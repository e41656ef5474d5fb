-- ===== src/Example/Stream/Tests.antt =====
-- example/quicclient with example/quiclistener: one message that is echoed.
use gopher_socks.Common.{ℕ, refl, List, [], ◌∷◌, ◌++◌, none, some, false, arith}
use gopher_socks.Common.Int.{pos}
use gopher_socks.Errors.{sentinel, eof}
use gopher_socks.Framing.Reader.{read_uvarint, uvarint_loop, read_full}
use gopher_socks.Framing.Prefix.{
  uvarint_codec, append_uvarint, uvarint, read_uvarint_frame, read_header, read_payload,
}
use gopher_socks.Framing.Laws.{uvarint-IsCodec}
use gopher_socks.Framing.Empty.{uvarint-Dry}
use gopher_socks.Listener.Config.{default_config}
use gopher_socks.Listener.Server.{SessionRef}
use gopher_socks.Listener.Stream.{
  StreamTransport, ReadEnv, WriteEnv, new_reader, needs_deadline, read_buffer_size, read_message,
  write_messages, encode, flush, write_buffer,
}
use gopher_socks.Listener.Session.{Session, new_session, send_to_client, fill_batch, touch}
use gopher_socks.Listener.Session.Steps.{State, takes, start, accept, take_batch}
use gopher_socks.Listener.Session.Wire.{written}
use gopher_socks.Listener.Session.Feed as Feeding
use gopher_socks.Listener.Quic.{quic_transport}
use gopher_socks.Client.Quic.{Stream, QuicClient, send}
use gopher_socks.Client.Sending.{send_all, wire_of}
use gopher_socks.Example.Session.{ranging, pumps, ranges, queues, goes_round, others}
use gopher_socks.Example.Stream.{Echoing, ReachStream, begins, goes_on, reads, written, inner}
use gopher_socks.Framing.Prefix.{uint32_codec}
use gopher_socks.Listener.Stream.Batches.{frames}
use gopher_socks.Listener.Tcp.{tcp_transport}
use gopher_socks.Example.Stream.Completing.{SendsAll}
use gopher_socks.Example.Stream.Listeners.{streams_complete}
use gopher_socks.Example.Stream.Order.{ComesBack, stream_round_trip}

abbrev judy : SessionRef
judy = record { id = 7; addr = "192.0.2.7:9000" }

abbrev opened : Session
opened = new_session none judy default_config (pos 0)

abbrev hello : List ℕ
hello = 104 ∷ 105 ∷ []

abbrev out : Stream
out = record {
  codec = uvarint_codec;
  wire = [];
  reader = record { bytes = []; size = 4096; fail = sentinel eof };
}

abbrev from : QuicClient
from = record {
  addr = "192.0.2.1:9000";
  config = gopher_socks.Client.Config.default_config;
  protocol = some "nixie/2";
  stream = some out;
}

abbrev inbound : StreamTransport
inbound =
    quic_transport default_config uvarint_codec (wire_of (send_all (hello ∷ []) from).1)
      (sentinel eof)

abbrev on_time : ReadEnv
on_time = record { buffered = 0; set_deadline = none }

abbrev takes_all : WriteEnv
takes_all = record { set_deadline = none; write = none; capacity = 64 }

-- The stream once the message has been read.
abbrev emptied : StreamTransport
emptied = record inbound {
  reader = record { bytes = []; size = read_buffer_size; fail = sentinel eof };
}

abbrev taken : State
taken = take_batch hello [] (accept hello (start (touch (pos 5) opened)))

abbrev done : Echoing
done = record {
  echo = record {
    feed = record {
      session = taken.session;
      pump = Feeding.reading;
      channel = [];
      closed = false;
      read = hello ∷ [];
      taken = hello ∷ [];
    };
    state = record taken { batch = []; sent = taken.sent ++ taken.batch };
    handler = ranging;
  };
  inbound = emptied;
  outbound = (write_messages takes_all inbound taken.batch).1;
}

done-reached : ReachStream opened inbound inbound done
unfolding new_session touch send_to_client fill_batch send_all send append_uvarint uvarint
    quic_transport new_reader needs_deadline read_message read_uvarint_frame read_header
    read_payload read_full read_uvarint uvarint_loop encode flush write_buffer write_messages
done-reached =
    let r1 = goes_on begins (inner (pumps (Feeding.calls_first refl) refl) refl) in
    let r2 = goes_on r1 (reads on_time hello emptied (pos 5) refl refl) in
    let r3 = goes_on r2 (inner (pumps (Feeding.puts hello refl (omega arith)) refl) refl) in
    let r4 = goes_on r3 (inner (ranges hello [] refl refl) refl) in
    let r5 = goes_on r4 (inner (pumps (Feeding.calls_again (λ e. cc)) refl) refl) in
    let r6 = goes_on r5 (inner (queues hello refl refl) refl) in
    let r7 = goes_on r6 (inner (goes_round refl) refl) in
    let r8 = goes_on r7 (inner (others (takes hello [] refl refl refl) refl) refl) in
    goes_on r8 (written takes_all (λ e. cc) refl refl)

abbrev got : Stream
got = record {
  codec = uvarint_codec;
  wire = [];
  reader = record { bytes = done.outbound.wire; size = 4096; fail = sentinel eof };
}

abbrev client : QuicClient
client = record from { stream = some got }

stream_round_trip_example : ComesBack (hello ∷ []) client got done
unfolding fill_batch
stream_round_trip_example =
    stream_round_trip default_config uvarint_codec none judy (pos 0) (sentinel eof) (hello ∷ [])
      from out done client got uvarint-IsCodec uvarint-Dry ((omega arith, omega arith), tt)
      ((omega arith, omega arith), tt) refl refl refl done-reached refl refl (omega arith) refl

-- Two messages, one of them empty, to both programs.
abbrev two : List (List ℕ)
two = hello ∷ [] ∷ []

streams_complete_example :
    SendsAll opened uvarint_codec
      (quic_transport default_config uvarint_codec (frames uvarint_codec two) (sentinel eof))
      two
    × SendsAll opened uint32_codec
        (tcp_transport default_config (frames uint32_codec two) (sentinel eof))
        two
streams_complete_example =
    streams_complete default_config uvarint_codec judy (pos 0) (sentinel eof) two uvarint-IsCodec
      ((omega arith, omega arith), ((omega arith, omega arith), tt))
      (omega arith, (omega arith, tt)) (omega arith)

________

● **Task goal**:
Show every line in the entries where the string "others" occurs.

● **Answer section**:
use gopher_socks.Example.Session.{ranging, pumps, ranges, queues, goes_round, others}
    let r8 = goes_on r7 (inner (others (takes hello [] refl refl refl) refl) refl) in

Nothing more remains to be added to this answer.